On the evening of March 4th, Bloomberg reported that Chinese social media giant ByteDance is investing at least $25 million in a self-driving startup called QCraft. This round of funding for QCraft’s Series A also includes IDG Capital and Lenovo Ventures. The funds will be used to continue building their “Automated Production Super Factory” for self-driving technology.
(Image source: QCraft)
QCraft, which also goes by the name “Qingzhou Zhixing” in Chinese, was founded in Silicon Valley in 2019, with all four co-founders coming from Waymo and core team members from Waymo, Tesla, Uber ATG, Ford, Nvidia, Google, Facebook, and other autonomous driving or tech companies. QCraft is dedicated to developing L4 level autonomous driving technology that can adapt to complex urban traffic environments and provide partners with scalable autonomous driving solution. The company utilizes large-scale simulation systems and autonomous learning decision-making frameworks to reduce the cost of developing self-driving technology.
(Image source: QCraft)
Less than five months after its establishment, QCraft obtained a California autonomous driving road test license and began public road testing. In October 2020, the company launched the country’s first normalized public road unmanned bus in Suzhou. QCraft’s Longzhou ONE has already landed in multiple cities such as Suzhou, Shenzhen, and Wuhan, and will launch the country’s first self-driving shared shuttle bus later this year. QCraft’s Longzhou series self-driving buses are primarily used for scenarios such as subway shuttle lines, microcirculation public transportation, shared shuttle buses, expressway buses, commuting shuttle buses for industrial parks, and touring buses for scenic spots.

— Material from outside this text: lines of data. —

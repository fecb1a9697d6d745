-- ===== src/Wire.antt =====
-- The frames that carry the bulk data of a chunk between nodes, and what each peer is taken to hold
-- (src/internal/daemonapi/poolwire.go).
pub mod Frames
pub mod Trips
pub mod Held
pub mod Sent
pub mod Decode
pub mod Restored
pub mod Read
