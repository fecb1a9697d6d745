-- ===== src/Wire/Read.antt =====
-- What a body that is parsed was made of (src/internal/daemonapi/poolwire.go).
use pipedpeer.Base.{
  ℕ, zero, suc, ◌/◌, ◌%◌, ◌^◌, ◌<◌, ◌≤◌, ◌≡◌, refl, sym, ap, ◌∙◌, subst, Bool, true, false, Option,
  none, some, List, [], ◌∷◌, ◌++◌, length, take, drop, All, arith, ◌⊎◌, inl, inr,
}
use mathlib.Core.List.{append_assoc}
use pipedpeer.Wire.Frames.{
  Bytes, FrameError, Result, ok, err, put_uint32, get_uint32, read_frame, parse_items, parse_frames,
}
use pipedpeer.Wire.Trips.{frame, frames, globals_frame, is_some}

-- Every element is a byte.
abbrev pub AreBytes : Bytes → Type 0
AreBytes = All (λ b. b < 256)

take-append-drop : {A : Type 0} (n : ℕ) (xs : List A) → take n xs ++ drop n xs ≡ xs
take-append-drop zero xs = refl
take-append-drop (suc n) [] = refl
take-append-drop (suc n) (x ∷ xs) = ap (◌∷◌ x) (take-append-drop n xs)

length-take : {A : Type 0} (n : ℕ) (xs : List A) → n ≤ length xs → length (take n xs) ≡ n
length-take zero xs h = refl
length-take (suc n) [] h = absurd (omega arith)
length-take (suc n) (x ∷ xs) h = ap suc (length-take n xs (omega arith))

AreBytes-drop : (n : ℕ) (xs : Bytes) → AreBytes xs → AreBytes (drop n xs)
AreBytes-drop zero xs h = h
AreBytes-drop (suc n) [] h = h
AreBytes-drop (suc n) (x ∷ xs) h = AreBytes-drop n xs h.1

put_uint32_lem :
    (a b c d : ℕ) (t : Bytes)
    → a < 256
    → b < 256
    → c < 256
    → d < 256
    → put_uint32 (get_uint32 (a ∷ b ∷ c ∷ d ∷ t)) ≡ a ∷ b ∷ c ∷ d ∷ []
put_uint32_lem a b c d t ha hb hc hd =
    let n = get_uint32 (a ∷ b ∷ c ∷ d ∷ t) in
    let e0 : n % 2 ^ 32 / 16_777_216 ≡ a = omega arith in
    let e1 : n % 2 ^ 32 / 65_536 % 256 ≡ b = omega arith in
    let e2 : n % 2 ^ 32 / 256 % 256 ≡ c = omega arith in
    let e3 : n % 2 ^ 32 % 256 ≡ d = omega arith in ground (arith, e0, e1, e2, e3)

-- What is read off as a frame stands in the source as one.
abbrev IsRead : Bytes → Bytes × Bytes → Type 0
IsRead src (f, after) = (src ≡ frame f ++ after) × AreBytes after

read_frame-IsRead :
    (src f after : Bytes) → AreBytes src → read_frame src ≡ ok (f, after) → IsRead src (f, after)
unfolding read_frame frame
read_frame-IsRead [] f after h e = absurd (ground (arith, e))
read_frame-IsRead (a ∷ []) f after h e = absurd (ground (arith, e))
read_frame-IsRead (a ∷ b ∷ []) f after h e = absurd (ground (arith, e))
read_frame-IsRead (a ∷ b ∷ c ∷ []) f after h e = absurd (ground (arith, e))
read_frame-IsRead (a ∷ b ∷ c ∷ d ∷ t) f after h e =
    let n = get_uint32 (a ∷ b ∷ c ∷ d ∷ t) in
    let fits : n ≤ length t = ground (arith, e) in
    let payload : f ≡ take n t = ground (arith, e) in
    let rest : after ≡ drop n t = ground (arith, e) in
    let size : put_uint32 (length (take n t)) ≡ a ∷ b ∷ c ∷ d ∷ [] =
      ap put_uint32 (length-take n t fits) ∙ put_uint32_lem a b c d t h.0 h.1.0 h.1.1.0 h.1.1.1.0 in
    rw (payload, rest)
      (
        sym (
            ap (λ l. (l ++ take n t) ++ drop n t) size
            ∙ ap (λ l. a ∷ b ∷ c ∷ d ∷ l) (take-append-drop n t)),
        AreBytes-drop n t h.1.1.1.1,
      )

Result-cases :
    {A : Type 0} (r : Result A) → ((x : FrameError) × (r ≡ err x)) ⊎ ((a : A) × (r ≡ ok a))
Result-cases (err x) = inl (x, refl)
Result-cases (ok a) = inr (a, refl)

-- The source is the items as frames, and a rest.
abbrev pub IsMadeOf : ℕ → Bytes → List Bytes → Type 0
IsMadeOf count src items = (rest : Bytes) × (src ≡ frames items ++ rest) × (length items ≡ count)

more-IsMadeOf :
    (count : ℕ) (src f after : Bytes) (fs : List Bytes)
    → src ≡ frame f ++ after
    → IsMadeOf count after fs
    → IsMadeOf (suc count) src (f ∷ fs)
unfolding frames
more-IsMadeOf count src f after fs e (rest, made, size) = (
  rest,
  e ∙ ap (λ l. frame f ++ l) made ∙ sym (append_assoc (frame f) (frames fs) rest),
  ap suc size,
)

parse_items-IsMadeOf :
    (count : ℕ) (src : Bytes) (items : List Bytes)
    → AreBytes src
    → parse_items count src ≡ ok items
    → IsMadeOf count src items
unfolding parse_items frames
parse_items-IsMadeOf zero src items h e =
    let empty : [] ≡ items = ground (arith, e) in subst (IsMadeOf zero src) empty (src, refl, refl)
parse_items-IsMadeOf (suc count) src items h e = elim (Result-cases (read_frame src)) [
  | inl (x, r) ↦ absurd (ground (arith, e, r))
  | inr ((f, after), r) ↦
      let found = read_frame-IsRead src f after h r in
      elim (Result-cases (parse_items count after)) [
        | inl (x, q) ↦ absurd (ground (arith, e, r, q))
        | inr (fs, q) ↦
            let items_are : f ∷ fs ≡ items = ground (arith, e, r, q) in
            subst (IsMadeOf (suc count) src) items_are (
              more-IsMadeOf count src f after fs found.0
                (parse_items-IsMadeOf count after fs found.1 q))
      ]
]

-- A body that parses is the globals frame, where one is announced, then as many item frames as are
-- asked for, and a rest that is not read; nothing else parses. Its elements are bytes.
pub parse_frames-made :
    (src : Bytes) (has_globals : Bool) (count : ℕ) (g : Option Bytes) (items : List Bytes)
    → AreBytes src
    → parse_frames src has_globals count ≡ ok (g, items)
    → (is_some g ≡ has_globals)
      × (length items ≡ count)
      × ((rest : Bytes) × (src ≡ globals_frame g ++ (frames items ++ rest)))
unfolding parse_frames globals_frame
parse_frames-made src false count g items h e = elim (Result-cases (parse_items count src)) [
  | inl (x, q) ↦ absurd (ground (arith, e, q))
  | inr (fs, q) ↦
      let no_globals : none ≡ g = ground (arith, e, q) in
      let same : fs ≡ items = ground (arith, e, q) in
      let (rest, made, size) = parse_items-IsMadeOf count src items h (q ∙ ap ok same) in
      subst
        (λ o.
          (is_some o ≡ false)
          × (length items ≡ count)
          × ((rest : Bytes) × (src ≡ globals_frame o ++ (frames items ++ rest))))
        no_globals (refl, size, (rest, made))
]
parse_frames-made src true count g items h e = elim (Result-cases (read_frame src)) [
  | inl (x, r) ↦ absurd (ground (arith, e, r))
  | inr ((f, after), r) ↦
      let found = read_frame-IsRead src f after h r in
      elim (Result-cases (parse_items count after)) [
        | inl (x, q) ↦ absurd (ground (arith, e, r, q))
        | inr (fs, q) ↦
            let with : some f ≡ g = ground (arith, e, r, q) in
            let same : fs ≡ items = ground (arith, e, r, q) in
            let (rest, made, size) =
              parse_items-IsMadeOf count after items found.1 (q ∙ ap ok same) in
            subst
              (λ o.
                (is_some o ≡ true)
                × (length items ≡ count)
                × ((rest : Bytes) × (src ≡ globals_frame o ++ (frames items ++ rest))))
              with (refl, size, (rest, found.0 ∙ ap (λ l. frame f ++ l) made))
      ]
]
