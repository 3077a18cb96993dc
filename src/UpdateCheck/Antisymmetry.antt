-- ===== src/UpdateCheck/Antisymmetry.antt =====
-- The order of versions (internal/updatecheck/semver.go) is antisymmetric.
use ninerlog_api.Base.{
  ℕ, ◌≤◌, ◌≡◌, ◌∙◌, ap, sym, refl, Bool, true, false, Bool-cases, inl, inr, Option, none, some,
  List, [], ◌∷◌, All, arith, if◌then◌else◌,
}
use ninerlog_api.Base.Int.{ℤ, pos, pos_part, ◌≤ℤ◌, ◌-ℤ◌, eqb_ℤ}
use ninerlog_api.Base.Text.{Text, text_eq}
use ninerlog_api.Duration.{max_int, atoi, wrap, wrap_ℤ}
use ninerlog_api.UpdateCheck.{
  Version, Sign, below, same, above, sign, text_compare, ident_sign, or_next, split_dots,
  compare_idents, compare_prerelease, number_sign, compare_versions,
}

pub flip : Sign → Sign
flip below = above
flip same = same
flip above = below

flip-text_compare : (s t : Text) → flip (text_compare s t) ≡ text_compare t s
unfolding flip text_compare
flip-text_compare [] [] = refl
flip-text_compare [] (d ∷ t) = refl
flip-text_compare (c ∷ s) [] = refl
flip-text_compare (c ∷ s) (d ∷ t) = ground (arith, flip-text_compare s t)

flip-number_sign : (m n : ℕ) → flip (number_sign m n) ≡ number_sign n m
unfolding flip
flip-number_sign m n = ground arith

flip-or_next : (s r : Sign) → flip (or_next s r) ≡ or_next (flip s) (flip r)
unfolding flip
flip-or_next below r = refl
flip-or_next same r = refl
flip-or_next above r = refl

-- Numbers that are not negative have differences in the range of int.
abbrev pub InRange : ℤ → Type 0
InRange n = (pos 0 ≤ℤ n) × (pos_part n ≤ max_int)

difference_sign :
    (m n : ℤ)
    → InRange m
    → InRange n
    → sign (wrap_ℤ (m -ℤ n)) ≡ number_sign (pos_part m) (pos_part n)
unfolding sign wrap_ℤ wrap ◌-ℤ◌
difference_sign m n h k = ground arith

-- An identifier that is a number, where it is one, is not negative.
abbrev pub NumberInRange : Option ℤ → Type 0
NumberInRange none = Unit
NumberInRange (some n) = InRange n

eqb_comm : (m n : ℤ) → eqb_ℤ m n ≡ eqb_ℤ n m
eqb_comm m n = ground arith

flip-ident_sign :
    (o p : Option ℤ) (a b : Text)
    → NumberInRange o
    → NumberInRange p
    → flip (ident_sign o p a b) ≡ ident_sign p o b a
unfolding flip ident_sign
flip-ident_sign none none a b h k = flip-text_compare a b
flip-ident_sign none (some n) a b h k = refl
flip-ident_sign (some m) none a b h k = refl
flip-ident_sign (some m) (some n) a b h k = elim (Bool-cases (eqb_ℤ m n)) [
  | inl e ↦ rw (e, sym (eqb_comm m n) ∙ e) refl
  | inr e ↦
      rw (e, sym (eqb_comm m n) ∙ e, difference_sign m n h k, difference_sign n m k h)
        (flip-number_sign (pos_part m) (pos_part n))
]

abbrev pub NotNegative : List Text → Type 0
NotNegative ts = All (λ t. NumberInRange (atoi t)) ts

compare_idents-cons :
    (a b : Text) (s t : List Text)
    → compare_idents (a ∷ s) (b ∷ t)
      ≡ or_next (ident_sign (atoi a) (atoi b) a b) (compare_idents s t)
unfolding compare_idents
compare_idents-cons a b s t = refl

flip-compare_idents :
    (s t : List Text)
    → NotNegative s
    → NotNegative t
    → flip (compare_idents s t) ≡ compare_idents t s
unfolding flip compare_idents
flip-compare_idents [] [] h k = refl
flip-compare_idents [] (b ∷ t) h k = refl
flip-compare_idents (a ∷ s) [] h k = refl
flip-compare_idents (a ∷ s) (b ∷ t) (h, hs) (k, ks) =
    flip-or_next (ident_sign (atoi a) (atoi b) a b) (compare_idents s t)
    ∙ ap (λ x. or_next x (flip (compare_idents s t))) (flip-ident_sign (atoi a) (atoi b) a b h k)
    ∙ ap (λ x. or_next (ident_sign (atoi b) (atoi a) b a) x) (flip-compare_idents s t hs ks)

text_eq_comm : (s t : Text) → text_eq s t ≡ text_eq t s
unfolding text_eq
text_eq_comm [] [] = refl
text_eq_comm (a ∷ s) (b ∷ t) = ground (arith, text_eq_comm s t)
text_eq_comm [] (b ∷ t) = refl
text_eq_comm (a ∷ s) [] = refl

flip_if :
    (b c : Bool) (x y : Sign)
    → b ≡ c
    → flip x ≡ y
    → flip (if b then same else x) ≡ (if c then same else y)
unfolding flip
flip_if true c x y e f = rw (sym e) refl
flip_if false c x y e f = rw (sym e) f

flip-compare_prerelease :
    (a b : Text)
    → NotNegative (split_dots a)
    → NotNegative (split_dots b)
    → flip (compare_prerelease a b) ≡ compare_prerelease b a
unfolding flip compare_prerelease text_eq
flip-compare_prerelease [] [] h k = refl
flip-compare_prerelease [] (d ∷ b) h k = refl
flip-compare_prerelease (c ∷ a) [] h k = refl
flip-compare_prerelease (c ∷ a) (d ∷ b) h k =
    let e = text_eq_comm (c ∷ a) (d ∷ b) in
    let f = flip-compare_idents (split_dots (c ∷ a)) (split_dots (d ∷ b)) h k in
    flip_if (text_eq (c ∷ a) (d ∷ b)) (text_eq (d ∷ b) (c ∷ a)) _ _ e f

flip_next :
    (s r : Sign) {s' r' : Sign} → flip s ≡ s' → flip r ≡ r' → flip (or_next s r) ≡ or_next s' r'
flip_next s r e f = flip-or_next s r ∙ rw (e, f) refl

-- compare is antisymmetric on versions whose prerelease identifiers, where they are numbers, are not
-- negative and in the range of int: with the versions exchanged its sign is the opposite one.
pub flip-compare_versions :
    (v w : Version)
    → NotNegative (split_dots v.prerelease)
    → NotNegative (split_dots w.prerelease)
    → flip (compare_versions v w) ≡ compare_versions w v
unfolding compare_versions
flip-compare_versions v w h k =
    flip_next (number_sign v.major w.major) _ (flip-number_sign v.major w.major) (
      flip_next (number_sign v.minor w.minor) _ (flip-number_sign v.minor w.minor) (
        flip_next (number_sign v.patch w.patch) _ (flip-number_sign v.patch w.patch)
          (flip-compare_prerelease v.prerelease w.prerelease h k)))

ByteDance’s investment in Qcraft Intelligence Navigation is seen as a layout in the field of autonomous driving. ByteDance began researching autonomous driving technology as early as 2016, but the results were not significant. In May 2020, ByteDance officially formed a team for the connected cars industry, using employees from the original Hammer Technology team, to land its internet products such as Douyin, Xigua Video, and Toutiao on automotive terminals. Compared with other Chinese internet technology giants, ByteDance has less influence in the automotive industry, with seemingly limited determination. We look forward to ByteDance’s follow-up actions in the automotive field.